Word for word, retype the first line of the records and every following line through the one containing "let ih = In-sort_strings w values in".
===== Information provided =====
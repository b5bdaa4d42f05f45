-- ===== src/ApiKeys/Access.antt =====
-- What a principal may do, and how a request's certificate names are normalised
-- (backend/database/repository/models.go and api_key_repository.go).
use mathlib.Core.Path.{subst}
use cert_vault.Prelude.{
  String, ◌≡◌, ◌⊎◌, ◌↔◌, ◌≢◌, refl, sym, inl, inr, Bool, true, false, Option, none, some, List, [],
  ◌∷◌, arith, ◌==◌, eq_iff, if◌then◌else◌, contains, contains_iff, In, Bool-cases,
}
use cert_vault.ApiKeys.{
  Principal, allows, insert_sorted, sort_strings, unique_names, normalize_certificate_access,
  text_le, access_of,
}

-- A principal may use a scope on a certificate exactly if it has the scope or "*", and the request
-- names no certificate, or the principal has all certificates or this one.
pub allows_iff :
    (p : Principal) (scope certificate : String)
    → (allows p scope certificate ≡ true) ↔ (
        (In scope p.scopes ⊎ In "*" p.scopes)
        × ((certificate ≡ "") ⊎ ((p.all_certificates ≡ true) ⊎ In certificate p.certificates)))
unfolding allows
allows_iff p scope certificate =
    let s = contains_iff p.scopes scope in
    let a = contains_iff p.scopes "*" in
    let c = contains_iff p.certificates certificate in
    let e = eq_iff certificate "" in
    ((λ h. (ground (arith, s, a), ground (arith, c, e))), (λ h. ground (arith, s, a, c, e)))

In-insert_sorted :
    (w a : String) (values : List String) → In w (insert_sorted a values) ↔ ((a ≡ w) ⊎ In w values)
unfolding insert_sorted
In-insert_sorted w a [] = ((λ h. h), (λ h. h))
In-insert_sorted w a (b ∷ values) = elim (Bool-cases (text_le a b)) [
  | inl le ↦ rw le ((λ h. h), (λ h. h))
  | inr gt ↦
      let ih = In-insert_sorted w a values in
      rw gt ((λ h. ground (arith, ih)), (λ h. ground (arith, ih)))
]

pub In-sort_strings : (w : String) (values : List String) → In w (sort_strings values) ↔ In w values
unfolding sort_strings
In-sort_strings w [] = ((λ h. h), (λ h. h))
In-sort_strings w (a ∷ values) =
    let ih = In-sort_strings w values in
    let here = In-insert_sorted w a (sort_strings values) in
    ((λ h. ground (arith, ih, here)), (λ h. ground (arith, ih, here)))

-- the loop, from the names seen so far
abbrev Gathers : List String → List String → Option (List String) → Type 0
Gathers seen certificates none = In "*" certificates
Gathers seen certificates (some names) =
    (In "*" certificates → ⊥) × ((w : String) → In w names ↔ (In w seen ⊎ In w certificates))

abbrev add_new : String → List String → List String
add_new c seen = if contains seen c then seen else c ∷ seen

In-add_new : (w c : String) (seen : List String) → In w (add_new c seen) ↔ ((c ≡ w) ⊎ In w seen)
In-add_new w c seen = elim (Bool-cases (contains seen c)) [
  | inl old ↦ rw old (
    (λ h. inr h),
    (λ h. elim h [ inl e ↦ subst (λ k. In k seen) e ((contains_iff seen c).0 old) | inr k ↦ k ]),
  )
  | inr new ↦ rw new ((λ h. h), (λ h. h))
]

Gathers-cons :
    (c : String) (seen certificates : List String) (o : Option (List String))
    → c ≢ "*"
    → Gathers (add_new c seen) certificates o
    → Gathers seen (c ∷ certificates) o
Gathers-cons c seen certificates none h g = inr g
Gathers-cons c seen certificates (some names) h (no_star, members) = (
  (λ star. elim star [ inl e ↦ h e | inr later ↦ no_star later ]),
  (λ w.
      let m = members w in
      let a = In-add_new w c seen in ((λ i. ground (arith, m, a)), (λ i. ground (arith, m, a)))),
)

unique_names-Gathers :
    (seen certificates : List String) → Gathers seen certificates (unique_names seen certificates)
unfolding unique_names
unique_names-Gathers seen [] = ((λ h. h), (λ w. ((λ h. inl h), (λ h. ground arith))))
unique_names-Gathers seen (c ∷ certificates) = elim (Bool-cases (c == "*")) [
  | inl star ↦ rw star (inl ((eq_iff c "*").0 star))
  | inr name ↦ rw name (
      Gathers-cons c seen certificates (unique_names (add_new c seen) certificates)
        (λ e. cc ((eq_iff c "*").1 e, name)) (unique_names-Gathers (add_new c seen) certificates))
]

-- no name stands twice
abbrev pub IsNodup : List String → Type 0
IsNodup [] = Unit
IsNodup (x ∷ xs) = (In x xs → ⊥) × IsNodup xs

abbrev MaybeNodup : Option (List String) → Type 0
MaybeNodup none = Unit
MaybeNodup (some names) = IsNodup names

add_new-IsNodup : (c : String) (seen : List String) → IsNodup seen → IsNodup (add_new c seen)
add_new-IsNodup c seen once = elim (Bool-cases (contains seen c)) [
  | inl old ↦ rw old once
  | inr new ↦
      rw new
        ((λ i. let e : contains seen c ≡ true = (contains_iff seen c).1 i in cc (e, new)), once)
]

unique_names-MaybeNodup :
    (seen certificates : List String) → IsNodup seen → MaybeNodup (unique_names seen certificates)
unfolding unique_names
unique_names-MaybeNodup seen [] once = once
unique_names-MaybeNodup seen (c ∷ certificates) once = elim (Bool-cases (c == "*")) [
  | inl star ↦ rw star tt
  | inr name ↦
      rw name (unique_names-MaybeNodup (add_new c seen) certificates (add_new-IsNodup c seen once))
]

insert_sorted-IsNodup :
    (a : String) (values : List String)
    → (In a values → ⊥)
    → IsNodup values
    → IsNodup (insert_sorted a values)
unfolding insert_sorted
insert_sorted-IsNodup a [] new once = ((λ i. i), tt)
insert_sorted-IsNodup a (b ∷ values) new once = elim (Bool-cases (text_le a b)) [
  | inl le ↦ rw le (new, once)
  | inr gt ↦ rw gt (
    (λ i. elim ((In-insert_sorted b a values).0 i) [
      | inl e ↦ new (inl (sym e))
      | inr later ↦ once.0 later
    ]),
    insert_sorted-IsNodup a values (λ i. new (inr i)) once.1,
  )
]

sort_strings-IsNodup : (values : List String) → IsNodup values → IsNodup (sort_strings values)
unfolding sort_strings
sort_strings-IsNodup [] once = tt
sort_strings-IsNodup (a ∷ values) once =
    insert_sorted-IsNodup a (sort_strings values) (λ i. once.0 ((In-sort_strings a values).0 i))
      (sort_strings-IsNodup values once.1)

-- the flag and the names that a list of requested names is normalised to
abbrev pub Normalizes : List String → Bool × List String → Type 0
Normalizes certificates access =
    ((access.0 ≡ true) × (access.1 ≡ []) × In "*" certificates)
    ⊎ ((access.0 ≡ false)
        × (In "*" certificates → ⊥)
        × IsNodup access.1
        × ((w : String) → In w access.1 ↔ In w certificates))

normalizes :
    (certificates : List String) (o : Option (List String))
    → Gathers [] certificates o
    → MaybeNodup o
    → Normalizes certificates (access_of o)
normalizes certificates none g once = inl (refl, refl, g)
normalizes certificates (some names) (no_star, members) once = inr (
  refl,
  no_star,
  sort_strings-IsNodup names once,
  (λ w.
      let m = members w in
      let s = In-sort_strings w names in
      ((λ i. ground (arith, m, s)), (λ i. ground (arith, m, s)))),
)

-- The normalised access is all certificates, without names, exactly if "*" is among the requested
-- names; otherwise it is the requested names, each once, and no others.
pub normalize_certificate_access-Normalizes :
    (certificates : List String)
    → Normalizes certificates (normalize_certificate_access certificates)
unfolding normalize_certificate_access
normalize_certificate_access-Normalizes certificates =
    normalizes certificates (unique_names [] certificates) (unique_names-Gathers [] certificates)
      (unique_names-MaybeNodup [] certificates tt)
=====
**Problem solution**:
repository b5bdaa4d42f05f45
-- ===== src/ApiKeys/Access.antt =====
-- What a principal may do, and how a request's certificate names are normalised
-- (backend/database/repository/models.go and api_key_repository.go).
use mathlib.Core.Path.{subst}
use cert_vault.Prelude.{
  String, ◌≡◌, ◌⊎◌, ◌↔◌, ◌≢◌, refl, sym, inl, inr, Bool, true, false, Option, none, some, List, [],
  ◌∷◌, arith, ◌==◌, eq_iff, if◌then◌else◌, contains, contains_iff, In, Bool-cases,
}
use cert_vault.ApiKeys.{
  Principal, allows, insert_sorted, sort_strings, unique_names, normalize_certificate_access,
  text_le, access_of,
}

-- A principal may use a scope on a certificate exactly if it has the scope or "*", and the request
-- names no certificate, or the principal has all certificates or this one.
pub allows_iff :
    (p : Principal) (scope certificate : String)
    → (allows p scope certificate ≡ true) ↔ (
        (In scope p.scopes ⊎ In "*" p.scopes)
        × ((certificate ≡ "") ⊎ ((p.all_certificates ≡ true) ⊎ In certificate p.certificates)))
unfolding allows
allows_iff p scope certificate =
    let s = contains_iff p.scopes scope in
    let a = contains_iff p.scopes "*" in
    let c = contains_iff p.certificates certificate in
    let e = eq_iff certificate "" in
    ((λ h. (ground (arith, s, a), ground (arith, c, e))), (λ h. ground (arith, s, a, c, e)))

In-insert_sorted :
    (w a : String) (values : List String) → In w (insert_sorted a values) ↔ ((a ≡ w) ⊎ In w values)
unfolding insert_sorted
In-insert_sorted w a [] = ((λ h. h), (λ h. h))
In-insert_sorted w a (b ∷ values) = elim (Bool-cases (text_le a b)) [
  | inl le ↦ rw le ((λ h. h), (λ h. h))
  | inr gt ↦
      let ih = In-insert_sorted w a values in
      rw gt ((λ h. ground (arith, ih)), (λ h. ground (arith, ih)))
]

pub In-sort_strings : (w : String) (values : List String) → In w (sort_strings values) ↔ In w values
unfolding sort_strings
In-sort_strings w [] = ((λ h. h), (λ h. h))
In-sort_strings w (a ∷ values) =
    let ih = In-sort_strings w values in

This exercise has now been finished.